Les anarchistes opposent l’éthique à la loi. Pourquoi les anarchistes critiquent-ils le système des lois ? Le fait est que toute loi est renforcée par l’inévitabilité d’une punition pour sa violation du droit à la vengeance que l’État s’est approprié. L’anarchiste peut encore comprendre le principe de la « vengeance populaire », mais l’existence d’une institution pénale professionnelle déstabilise et empoisonne la société elle-même. D’un point de vue psychologique, une situation malsaine se présente : la société humaine est basée sur la peur et dépend d’elle.

L’anarchisme préfère prévenir l’inconduite. S’il est encore parfait, il est nécessaire d’évaluer chaque cas spécifique, et non d’être guidé par une loi unique pour tous, indépendamment de ce qui a causé et expliqué tel ou tel délit. Il est possible que, si une personne a commis quelque chose de tout à fait terrible et considéré comme dangereux pour les autres, elle soit expulsée de la communauté. Il deviendra un paria, comme une séparation médiévale de l’église. La plupart des anarchistes reconnaissent le droit à la légitime défense d’eux-mêmes et de la congrégation, bien qu’ils soient en désaccord, par exemple, avec ceci, les anarchistes pacifistes.

Les mêmes personnes qui vivent dans ces congrégations devront se défendre.
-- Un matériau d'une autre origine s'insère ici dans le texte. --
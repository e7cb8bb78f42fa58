-- ===== src/Message/Union/Encoding.antt =====
-- What `Message::encode` appends, and where its `unwrap` panics.
use linode_moq.Prelude.BigEndian.{to_be_bytes}
use linode_moq.Prelude.{ℕ, ◌^◌, ◌<◌, ◌≤◌, ◌≡◌, length, none, arith}
use linode_moq.Coding.Outcome.{EncodeError, ok, panic}
use linode_moq.Coding.Buffer.{BufMut, VecBuf}
use linode_moq.Coding.Encoder.{◌>>◌, abort}
use linode_moq.Coding.Framed.{framed_wire, framed_bytes-Writes}
use linode_moq.Coding.Rules.Writes.{Writes, Writes-then, Refuses}
use linode_moq.Coding.Varint.Format.{IsVarint, varint_wire}
use linode_moq.Coding.Varint.Encoding.{u64_encode-Writes}
use linode_moq.Message.FilterType.{absolute_start}
use linode_moq.Message.Union.{
  Message, message_id, body_encode, framed, message_encode, subscribe_update, subscribe,
  unsubscribe, subscribe_ok, subscribe_error, subscribe_done, max_subscribe_id, announce,
  unannounce, announce_ok, announce_error, announce_cancel, track_status_request, track_status,
  go_away, subscribe_namespace, subscribe_namespace_ok, subscribe_namespace_error,
  unsubscribe_namespace, fetch, fetch_cancel, fetch_ok, fetch_error,
}
use linode_moq.Message.Union.Format.{BodyFits, MessageFits, body_wire, message_wire}
use linode_moq.Message.SubscribeUpdate.{subscribe_update_encode-Writes}
use linode_moq.Message.Subscribe.{
  subscribe_encode-Writes, SubscribeParts, subscribe_front, subscribe_encode-Refuses, Subscribe,
}
use linode_moq.Message.Unsubscribe.{unsubscribe_encode-Writes}
use linode_moq.Message.SubscribeOk.{subscribe_ok_encode-Writes}
use linode_moq.Message.SubscribeError.{subscribe_error_encode-Writes}
use linode_moq.Message.SubscribeDone.{subscribe_done_encode-Writes}
use linode_moq.Message.MaxSubscribeId.{max_subscribe_id_encode-Writes}
use linode_moq.Message.Announce.{announce_encode-Writes}
use linode_moq.Message.Unannounce.{unannounce_encode-Writes}
use linode_moq.Message.AnnounceOk.{announce_ok_encode-Writes}
use linode_moq.Message.AnnounceError.{announce_error_encode-Writes}
use linode_moq.Message.AnnounceCancel.{announce_cancel_encode-Writes}
use linode_moq.Message.TrackStatusRequest.{track_status_request_encode-Writes}
use linode_moq.Message.TrackStatus.{track_status_encode-Writes}
use linode_moq.Message.GoAway.{go_away_encode-Writes}
use linode_moq.Message.SubscribeNamespace.{subscribe_namespace_encode-Writes}
use linode_moq.Message.SubscribeNamespaceOk.{subscribe_namespace_ok_encode-Writes}
use linode_moq.Message.SubscribeNamespaceError.{subscribe_namespace_error_encode-Writes}
use linode_moq.Message.UnsubscribeNamespace.{unsubscribe_namespace_encode-Writes}
use linode_moq.Message.Fetch.{fetch_encode-Writes}
use linode_moq.Message.FetchCancel.{fetch_cancel_encode-Writes}
use linode_moq.Message.FetchOk.{fetch_ok_encode-Writes}
use linode_moq.Message.FetchError.{fetch_error_encode-Writes}

module _ {W : Type 0} ⦃c : BufMut W⦄ where
  body_encode-Writes : (m : Message) → BodyFits m → Writes c (body_encode m) (body_wire m)
  unfolding body_encode body_wire
  body_encode-Writes (subscribe_update m) h = subscribe_update_encode-Writes m h
  body_encode-Writes (subscribe m) h = subscribe_encode-Writes m h
  body_encode-Writes (unsubscribe m) h = unsubscribe_encode-Writes m h
  body_encode-Writes (subscribe_ok m) h = subscribe_ok_encode-Writes m h
  body_encode-Writes (subscribe_error m) h = subscribe_error_encode-Writes m h
  body_encode-Writes (subscribe_done m) h = subscribe_done_encode-Writes m h
  body_encode-Writes (max_subscribe_id m) h = max_subscribe_id_encode-Writes m h
  body_encode-Writes (announce m) h = announce_encode-Writes m h
  body_encode-Writes (unannounce m) h = unannounce_encode-Writes m h
  body_encode-Writes (announce_ok m) h = announce_ok_encode-Writes m h
  body_encode-Writes (announce_error m) h = announce_error_encode-Writes m h
  body_encode-Writes (announce_cancel m) h = announce_cancel_encode-Writes m h
  body_encode-Writes (track_status_request m) h = track_status_request_encode-Writes m h
  body_encode-Writes (track_status m) h = track_status_encode-Writes m h
  body_encode-Writes (go_away m) h = go_away_encode-Writes m h
  body_encode-Writes (subscribe_namespace m) h = subscribe_namespace_encode-Writes m h
  body_encode-Writes (subscribe_namespace_ok m) h = subscribe_namespace_ok_encode-Writes m h
  body_encode-Writes (subscribe_namespace_error m) h = subscribe_namespace_error_encode-Writes m h
  body_encode-Writes (unsubscribe_namespace m) h = unsubscribe_namespace_encode-Writes m h
  body_encode-Writes (fetch m) h = fetch_encode-Writes m h
  body_encode-Writes (fetch_cancel m) h = fetch_cancel_encode-Writes m h
  body_encode-Writes (fetch_ok m) h = fetch_ok_encode-Writes m h
  body_encode-Writes (fetch_error m) h = fetch_error_encode-Writes m h

pub message_id-IsVarint : (m : Message) → IsVarint (message_id m)
unfolding message_id
message_id-IsVarint (subscribe m) = omega arith
message_id-IsVarint _ = omega arith

module _ {V : Type 0} (v : VecBuf V) where
  -- The body in its vector.
  body_buf :
      (m : Message)
      → MessageFits m
      → (buf : V) × (body_encode ⦃c = v.buf_mut⦄ m v.new ≡ ok buf)
        × (v.buf_mut.written buf ≡ body_wire m)
  body_buf m h =
      let (buf, p, q, _) =
        (body_encode-Writes ⦃c = v.buf_mut⦄ m h.body).at v.new
          (omega (arith, v.room_new, h.size)) in
      (buf, p, rw v.written_new at q)

module _ {V W : Type 0} ⦃c : BufMut W⦄ (v : VecBuf V) where
  framed-Writes :
      (m : Message) (buf : V)
      → IsVarint (length (body_wire m))
      → v.buf_mut.written buf ≡ body_wire m
      → Writes c (framed v (ok buf)) (framed_wire (body_wire m))
  unfolding framed
  framed-Writes m buf h q = rw q (framed_bytes-Writes (body_wire m) h)

  pub message_encode-Writes :
      (m : Message) → MessageFits m → Writes c (message_encode v m) (message_wire m)
  unfolding message_encode message_wire
  message_encode-Writes m h =
      let (buf, p, q) = body_buf v m h in
      Writes-then (u64_encode-Writes (message_id m) (message_id-IsVarint m))
        (rw p (framed-Writes m buf h.size q))

  -- A body that is refused: its `unwrap` panics once the type is written.
  refused_body :
      (m : Message) {x : EncodeError} {n : ℕ}
      → Refuses v.buf_mut (body_encode ⦃c = v.buf_mut⦄ m) x n
      → n < 2 ^ 63
      → (w : W) → length (varint_wire (message_id m)) ≤ c.remaining_mut w
      → message_encode v m w ≡ panic
  unfolding message_encode framed ◌>>◌ abort
  refused_body m refused small w room =
      let (w', p, _, _) =
        (u64_encode-Writes ⦃b = c⦄ (message_id m) (message_id-IsVarint m)).at w room in
      rw (p, refused.at v.new (omega (arith, v.room_new)))

  -- A SUBSCRIBE with the filter AbsoluteStart and no end, whose other fields fit the format and take
  -- less than 2^63 bytes: where there is room for one byte, encoding the message panics.
  pub message_encode_subscribe_start :
      (m : Subscribe)
      → SubscribeParts m
      → m.filter_type ≡ absolute_start
      → m.end ≡ none
      → subscribe_front m < 2 ^ 63
      → (w : W) → 1 ≤ c.remaining_mut w
      → message_encode v (subscribe m) w ≡ panic
  unfolding body_encode message_id varint_wire to_be_bytes
  message_encode_subscribe_start m h filter open_ended small =
      refused_body (subscribe m) (subscribe_encode-Refuses ⦃c = v.buf_mut⦄ m h filter open_ended)
        small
Il s’agit de remplacer l’armée et la police par des milices volontaires.

Les discussions sur une société anarchiste portent souvent sur le problème de l’impréparation psychologique du monde d’aujourd’hui à un tel modèle d’ordre social libre et harmonieux. Le sociologue Zygmunt Bauman a qualifié la société moderne de société agoraphobe, c’est-à-dire que les gens ont peur des assemblées générales, sont incapables de résoudre les problèmes et d’agir ensemble et ne parviennent pas à s’entendre. Les gens préfèrent attendre passivement quand d’autres personnes résolvent leurs problèmes pour eux : l’Etat, les fonctionnaires, les maîtres…. Dans une société anarchiste, au contraire, une personne doit être très active, prête au dialogue et à l’action indépendante. Ce n’est pas facile. Mais il n’y a pas d’autre solution. Sinon, le monde peut s’attendre à l’effondrement du public en tant que personne de type sociobiologique et à une catastrophe environnementale. Le chemin vers un monde libre n’est pas prédéterminé. Elle exige une révolution dans la conscience et une révolution dans la conscience sociale.
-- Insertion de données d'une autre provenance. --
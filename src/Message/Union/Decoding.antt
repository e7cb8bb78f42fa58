-- ===== src/Message/Union/Decoding.antt =====
-- `Message::decode` on the wire form and on a part of it.
use linode_moq.Coding.Framed.{framed_wire}
use linode_moq.Prelude.{append-nil}
use linode_moq.Coding.Buffer.{Buf}
use linode_moq.Coding.Decoder.{pure}
use linode_moq.Coding.Rules.Reads.{Reads, Reads-bind, Reads-last, Reads-pure}
use linode_moq.Coding.Rules.Parses.{Parses, Parses-bind, Parses-last, Parses-pure}
use linode_moq.Coding.Varint.Integers.{u64_decode-Parses}
use linode_moq.Message.Union.{
  Message, message_id, body_decode, message_decode, subscribe_update, subscribe, unsubscribe,
  subscribe_ok, subscribe_error, subscribe_done, max_subscribe_id, announce, unannounce,
  announce_ok, announce_error, announce_cancel, track_status_request, track_status, go_away,
  subscribe_namespace, subscribe_namespace_ok, subscribe_namespace_error, unsubscribe_namespace,
  fetch, fetch_cancel, fetch_ok, fetch_error,
}
use linode_moq.Message.Union.Format.{BodyFits, MessageFits, IsStreamable, body_wire, message_wire}
use linode_moq.Message.Union.Encoding.{message_id-IsVarint}
use linode_moq.Message.SubscribeUpdate.{
  subscribe_update_decode-Parses, subscribe_update_decode-Reads,
}
use linode_moq.Message.Subscribe.{subscribe_decode-Parses, subscribe_decode-Reads}
use linode_moq.Message.Unsubscribe.{unsubscribe_decode-Parses}
use linode_moq.Message.SubscribeOk.{subscribe_ok_decode-Parses}
use linode_moq.Message.SubscribeError.{subscribe_error_decode-Parses}
use linode_moq.Message.SubscribeDone.{subscribe_done_decode-Parses}
use linode_moq.Message.MaxSubscribeId.{max_subscribe_id_decode-Parses}
use linode_moq.Message.Announce.{announce_decode-Parses}
use linode_moq.Message.Unannounce.{unannounce_decode-Parses}
use linode_moq.Message.AnnounceOk.{announce_ok_decode-Parses}
use linode_moq.Message.AnnounceError.{announce_error_decode-Parses}
use linode_moq.Message.AnnounceCancel.{announce_cancel_decode-Parses}
use linode_moq.Message.TrackStatusRequest.{track_status_request_decode-Parses}
use linode_moq.Message.TrackStatus.{track_status_decode-Parses}
use linode_moq.Message.GoAway.{go_away_decode-Parses}
use linode_moq.Message.SubscribeNamespace.{subscribe_namespace_decode-Parses}
use linode_moq.Message.SubscribeNamespaceOk.{subscribe_namespace_ok_decode-Parses}
use linode_moq.Message.SubscribeNamespaceError.{subscribe_namespace_error_decode-Parses}
use linode_moq.Message.UnsubscribeNamespace.{unsubscribe_namespace_decode-Parses}
use linode_moq.Message.Fetch.{fetch_decode-Parses}
use linode_moq.Message.FetchCancel.{fetch_cancel_decode-Parses}
use linode_moq.Message.FetchOk.{fetch_ok_decode-Parses}
use linode_moq.Message.FetchError.{fetch_error_decode-Parses}

module _ {R : Type 0} ⦃b : Buf R⦄ where
  body_decode-Parses :
      (m : Message)
      → BodyFits m
      → IsStreamable m
      → Parses b (body_decode (message_id m)) (body_wire m) m
  unfolding body_decode message_id body_wire
  body_decode-Parses (subscribe_update m) h s =
      Parses-last (λ x. pure (subscribe_update x)) (subscribe_update_decode-Parses m h s)
        (Parses-pure _)
  body_decode-Parses (subscribe m) h s =
      Parses-last (λ x. pure (subscribe x)) (subscribe_decode-Parses m h s) (Parses-pure _)
  body_decode-Parses (unsubscribe m) h s =
      Parses-last (λ x. pure (unsubscribe x)) (unsubscribe_decode-Parses m h) (Parses-pure _)
  body_decode-Parses (subscribe_ok m) h s =
      Parses-last (λ x. pure (subscribe_ok x)) (subscribe_ok_decode-Parses m h) (Parses-pure _)
  body_decode-Parses (subscribe_error m) h s =
      Parses-last (λ x. pure (subscribe_error x)) (subscribe_error_decode-Parses m h)
        (Parses-pure _)
  body_decode-Parses (subscribe_done m) h s =
      Parses-last (λ x. pure (subscribe_done x)) (subscribe_done_decode-Parses m h) (Parses-pure _)
  body_decode-Parses (max_subscribe_id m) h s =
      Parses-last (λ x. pure (max_subscribe_id x)) (max_subscribe_id_decode-Parses m h)
        (Parses-pure _)
  body_decode-Parses (announce m) h s =
      Parses-last (λ x. pure (announce x)) (announce_decode-Parses m h) (Parses-pure _)
  body_decode-Parses (unannounce m) h s =
      Parses-last (λ x. pure (unannounce x)) (unannounce_decode-Parses m h) (Parses-pure _)
  body_decode-Parses (announce_ok m) h s =
      Parses-last (λ x. pure (announce_ok x)) (announce_ok_decode-Parses m h) (Parses-pure _)
  body_decode-Parses (announce_error m) h s =
      Parses-last (λ x. pure (announce_error x)) (announce_error_decode-Parses m h) (Parses-pure _)
  body_decode-Parses (announce_cancel m) h s =
      Parses-last (λ x. pure (announce_cancel x)) (announce_cancel_decode-Parses m h)
        (Parses-pure _)
  body_decode-Parses (track_status_request m) h s =
      Parses-last (λ x. pure (track_status_request x)) (track_status_request_decode-Parses m h)
        (Parses-pure _)
  body_decode-Parses (track_status m) h s =
      Parses-last (λ x. pure (track_status x)) (track_status_decode-Parses m h) (Parses-pure _)
  body_decode-Parses (go_away m) h s =
      Parses-last (λ x. pure (go_away x)) (go_away_decode-Parses m h) (Parses-pure _)
  body_decode-Parses (subscribe_namespace m) h s =
      Parses-last (λ x. pure (subscribe_namespace x)) (subscribe_namespace_decode-Parses m h)
        (Parses-pure _)
  body_decode-Parses (subscribe_namespace_ok m) h s =
      Parses-last (λ x. pure (subscribe_namespace_ok x)) (subscribe_namespace_ok_decode-Parses m h)
        (Parses-pure _)
  body_decode-Parses (subscribe_namespace_error m) h s =
      Parses-last (λ x. pure (subscribe_namespace_error x))
        (subscribe_namespace_error_decode-Parses m h) (Parses-pure _)
  body_decode-Parses (unsubscribe_namespace m) h s =
      Parses-last (λ x. pure (unsubscribe_namespace x)) (unsubscribe_namespace_decode-Parses m h)
        (Parses-pure _)
  body_decode-Parses (fetch m) h s =
      Parses-last (λ x. pure (fetch x)) (fetch_decode-Parses m h) (Parses-pure _)
  body_decode-Parses (fetch_cancel m) h s =
      Parses-last (λ x. pure (fetch_cancel x)) (fetch_cancel_decode-Parses m h) (Parses-pure _)
  body_decode-Parses (fetch_ok m) h s =
      Parses-last (λ x. pure (fetch_ok x)) (fetch_ok_decode-Parses m h) (Parses-pure _)
  body_decode-Parses (fetch_error m) h s =
      Parses-last (λ x. pure (fetch_error x)) (fetch_error_decode-Parses m h) (Parses-pure _)

  body_decode-Reads :
      (m : Message) → BodyFits m → Reads b (body_decode (message_id m)) (body_wire m) m
  unfolding body_decode message_id body_wire
  body_decode-Reads (subscribe_update m) h =
      Reads-last (λ x. pure (subscribe_update x)) (subscribe_update_decode-Reads m h) (Reads-pure _)
  body_decode-Reads (subscribe m) h =
      Reads-last (λ x. pure (subscribe x)) (subscribe_decode-Reads m h) (Reads-pure _)
  body_decode-Reads m h = (body_decode-Parses m h tt).reads

  pub message_decode-Reads :
      (m : Message) → MessageFits m → Reads b message_decode (message_wire m) m
  unfolding message_decode message_wire framed_wire
  message_decode-Reads m h =
      Reads-bind _ (u64_decode-Parses _ (message_id-IsVarint m)).reads (
        Reads-bind _ (u64_decode-Parses _ h.size).reads
          (rw append-nil (body_decode-Reads m h.body)))

  pub message_decode-Parses :
      (m : Message) → MessageFits m → IsStreamable m → Parses b message_decode (message_wire m) m
  unfolding message_decode message_wire framed_wire
  message_decode-Parses m h s =
      Parses-bind _ (u64_decode-Parses _ (message_id-IsVarint m))
        (Parses-bind _ (u64_decode-Parses _ h.size) (rw append-nil (body_decode-Parses m h.body s)))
Une révolution sociale anarchiste est l’élimination des obstacles sur la voie d’une telle communauté solidaire et la restauration de la société à partir d’un ensemble moderne chaotique et atomisé d’individus isolés. La révolution dans l’anarchisme n’est pas un changement de gouvernement et de dirigeants, une prise de pouvoir ou un acte politique au sens étroit du terme, mais un profond bouleversement social qui couvre la période allant du début de l’auto-organisation des peuples par le bas dans la lutte pour leurs droits et intérêts spécifiques à la diffusion de nouvelles structures libres d’auto-organisation à la société entière. Au cours de ce processus, toutes les fonctions de l’État sont assumées par une nouvelle communauté, née simultanément, libre et auto-organisée. Mais le but ultime est l’émergence d’une société anarchiste.